Respondents (Defendants)
Counsel:
Patrick Summers, for the appellant
Duncan Boswell, for the respondents
Heard: June 20, 2012
On appeal from the judgment of Justice Susan E. Healey of the Superior court of Justice, dated April 11, 2012.
ENDORSEMENT
[1] The appellant has appealed the judgment of the trial judge that dismissed his action against his mother, the respondent Clute. He claimed that they made a contract wherein she agreed to give him a significant portion of her land. When that land was sold, she took back a vendor take back mortgage. The VTB was later paid in full and on consent, the proceeds were held in trust by the respondent’s solicitors pending the outcome of the trial. As part of the order dismissing the action, the trial judge also ordered that after 30 days, the VTB funds could be paid out of trust to the respondent.
[2] On this motion the appellant asks in the alternative for: (1) in effect a declaration that Rule 63.01 automatically stays the order of the trial judge for the payment out of trust of the VTB funds; or (2) in the alternative, if that rule does not apply, then for an order under Rule 63.02 for a stay of that part of the order pending appeal.
Automatic Stay – Rule 63.01
[3] Rule 63.01 provides an automatic stay upon appeal of “any provision of the order for the payment of money”. There was no order for the payment of money made by the trial judge in this case – the action was dismissed. An order for the “payment out” of a fund that is being held pending the outcome of the action is not an order referred to in the Rule unless that fund is a judgment debt created by the order of the trial judge.
[4] This point was addressed by Rosenberg J.A. in 1013799 Ontario v. Kent Line International Ltd., [2002] O.J. No. 4214 (C.A.) In that case, the plaintiff’s action against the defendant was successful. When the defendant appealed, it sought a stay of the order for “payment out” to the plaintiff of the money that had been paid in by the plaintiff for security for costs of the trial. The motion for a stay on appeal was dismissed. The plaintiff had won the trial. There was no longer any need for the winning party, now the respondent on the appeal, to post security for costs. The order for “payment out” was a housekeeping matter.
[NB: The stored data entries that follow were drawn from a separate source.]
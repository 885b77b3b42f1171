-- ===== src/Table/Merging.antt =====
-- The merge of the stash after a growth: every stashed item is added again, from a copy.
use coucal.Base.{
  ℕ, ◌+◌, ◌≤◌, ◌≡◌, refl, ap, inl, inr, List, [], ◌∷◌, take, replicate, ◌==◌, get_or-replicate,
  length-replicate, Bool-cases, le→leb, arith,
}
use coucal.Run.{◌>>=◌, Returns}
use coucal.State.{Item, null_item, Coucal, stash_size}
use coucal.Table.Draining.{Shuffled, Shuffled-refl}
use coucal.Table.Entries.{mass, total, live, total-take, total-replicate, live-le-length}
use coucal.Table.Grow.{reinsert, merge_stash}
use coucal.Table.Layout.{Layout, SameRest, SameRest-refl, SameRest-trans, weight}
use coucal.Table.Placing.{live_of_not_free, mass-free}
use coucal.Table.Stashing.{add_item-Added}
use coucal.Table.{is_empty_item}

record Reinserted (items : List Item) (c c' : Coucal) : Type 0 where
  layout : Layout c'
  rest : SameRest c c'
  stash_grows : c'.stash.size ≤ c.stash.size + live items
  balance : (f : Item → ℕ) → weight f c' ≡ weight f c + total f items

-- As long as the items would all fit the stash, no addition fails.
reinsert-Reinserted :
    (items : List Item) (c : Coucal)
    → Layout c
    → c.stash.size + live items ≤ stash_size
    → Returns (reinsert items c) (Reinserted items c)
unfolding reinsert total
reinsert-Reinserted [] c l room = (
  c,
  refl,
  record {
    layout = l;
    rest = SameRest-refl c;
    stash_grows = omega arith;
    balance = λ f. omega arith;
  },
)
reinsert-Reinserted (x ∷ items) c l room = elim (Bool-cases (is_empty_item x)) [
  | inl e ↦
      let zero_mass = λ (f : Item → ℕ). mass-free f x e in
      let (r, run, k) = reinsert-Reinserted items c l (omega (arith, zero_mass (λ _. 1))) in
      (
        r,
        rw (e, reinsert) run,
        record {
          layout = k.layout;
          rest = k.rest;
          stash_grows = omega (arith, k.stash_grows);
          balance = λ f. omega (arith, k.balance f, zero_mass f);
        },
      )
  | inr e ↦
      let one : mass (λ _. 1) x ≡ 1 = ground arith in
      let (r, run, a) = add_item-Added c x l (omega arith) (live_of_not_free x e) in
      let (r', run', k) = reinsert-Reinserted items r.0 a.layout (omega (arith, a.stash_grows)) in
      (
        r',
        rw (e, reinsert, run, ◌>>=◌, a.done) run',
        record {
          layout = k.layout;
          rest = SameRest-trans a.rest k.rest;
          stash_grows = omega (arith, k.stash_grows, a.stash_grows);
          balance = λ f. omega (arith, k.balance f, a.balance f);
        },
      )
]

abbrev emptied : Coucal → Coucal
emptied c = record c {
  stash = record { items = replicate stash_size null_item; size = 0; extent = 0 };
}

emptied-SameRest : (c : Coucal) → SameRest c (emptied c)
emptied-SameRest c = record {
  lg_size = refl;
  used = refl;
  pool = refl;
  custom = refl;
  world = refl;
}

emptied-Layout : (c : Coucal) → Layout c → Layout (emptied c)
emptied-Layout c l = record {
  lg_low = l.lg_low;
  lg_high = l.lg_high;
  width = l.width;
  home = l.home;
  stash_width = length-replicate 16 null_item;
  stash_extent = omega arith;
  stash_live = total-replicate (λ _. 1) 16;
  stash_clear = λ i h. ap (λ x. x.name) (get_or-replicate 16 i null_item);
}

-- On a table that keeps the layout, the merge of the stash fails no assertion (it cannot overflow the
-- stash, and `stash.size <= old_size` holds), keeps the layout, every weight of the entries and the
-- rest of the table, and does not grow the stash.
pub merge_stash-Shuffled : (c : Coucal) → Layout c → Returns (merge_stash c) (Shuffled c)
unfolding merge_stash
merge_stash-Shuffled c l = elim (Bool-cases (c.stash.size == 0)) [
  | inl e ↦ (c, rw e, Shuffled-refl c l)
  | inr e ↦
      let (c', run, k) =
        reinsert-Reinserted (take c.stash.extent c.stash.items) (emptied c) (emptied-Layout c l)
          (omega (arith, all (λ _. 1), l.stash_live, small)) in
      let fits : c'.stash.size ≤ c.stash.size =
        omega (arith, k.stash_grows, all (λ _. 1), l.stash_live) in
      (
        c',
        rw (e, run, ◌>>=◌, le→leb _ _ fits),
        record {
          layout = k.layout;
          rest = SameRest-trans (emptied-SameRest c) k.rest;
          stash_shrinks = fits;
          balance = λ f. omega (arith, k.balance f, all f, total-replicate f 16);
        },
      )
]
  where
    all : (f : Item → ℕ) → total f (take c.stash.extent c.stash.items) ≡ total f c.stash.items
    all f = total-take f c.stash.extent c.stash.items l.stash_clear

    small : c.stash.size ≤ stash_size
    small = omega (arith, l.stash_live, l.stash_width, live-le-length c.stash.items)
[5] The same analysis applies to the order for “payment out” in this case. By dismissing the action, the trial judge confirmed that the money held in trust belonged to the respondent and was not payable to the plaintiff. The order for “payment out” merely facilitated that finding.
Should the Court Order a Stay?
[6] In the alternative, the appellant asks this court to order a stay, pending the outcome of the appeal, of the order to pay out to the respondent the vendor take back mortgage funds being held by the respondent’s solicitors.
[7] The court applies the three part test also applicable to an interlocutory injunction:
(a) serious issue on the appeal;
(b) will there be irreparable harm if the stay is not granted; and
(c) the balance of convenience.
[8] I am not satisfied that the appellant has met its onus to show that any of the three criteria have been met:
(a) The appellant submits that the trial judge was focused on the wrong time period for when the contract was formed and that she did not appreciate the effect of the 467 spread sheet. The trial judge’s reasons are lengthy and thorough. She made detailed findings of fact and mixed fact and law, holding that there was no intent to contract, no agreed upon terms of a contract, and that instead, the respondent had agreed to give the appellant a gift, which is an unenforceable promise. Based on this record, it would be difficult to show on appeal that the trial judge made a reversible error.
(b) There is also no indication of irreparable harm to the appellant. There is no basis to conclude that the respondent is going to move the funds off-shore and, in any event, she appears to be a wealthy woman, able to satisfy a judgment.
(c) Finally, regarding the balance of convenience, the respondent argues that although she does not need the money, it is hers and she is entitled to it at this point. I agree.
Conclusion
[9] For these reasons, the motion is dismissed with costs to the respondent fixed at $7,500, inclusive of disbursements and H.S.T.
“K. Feldman J.A.”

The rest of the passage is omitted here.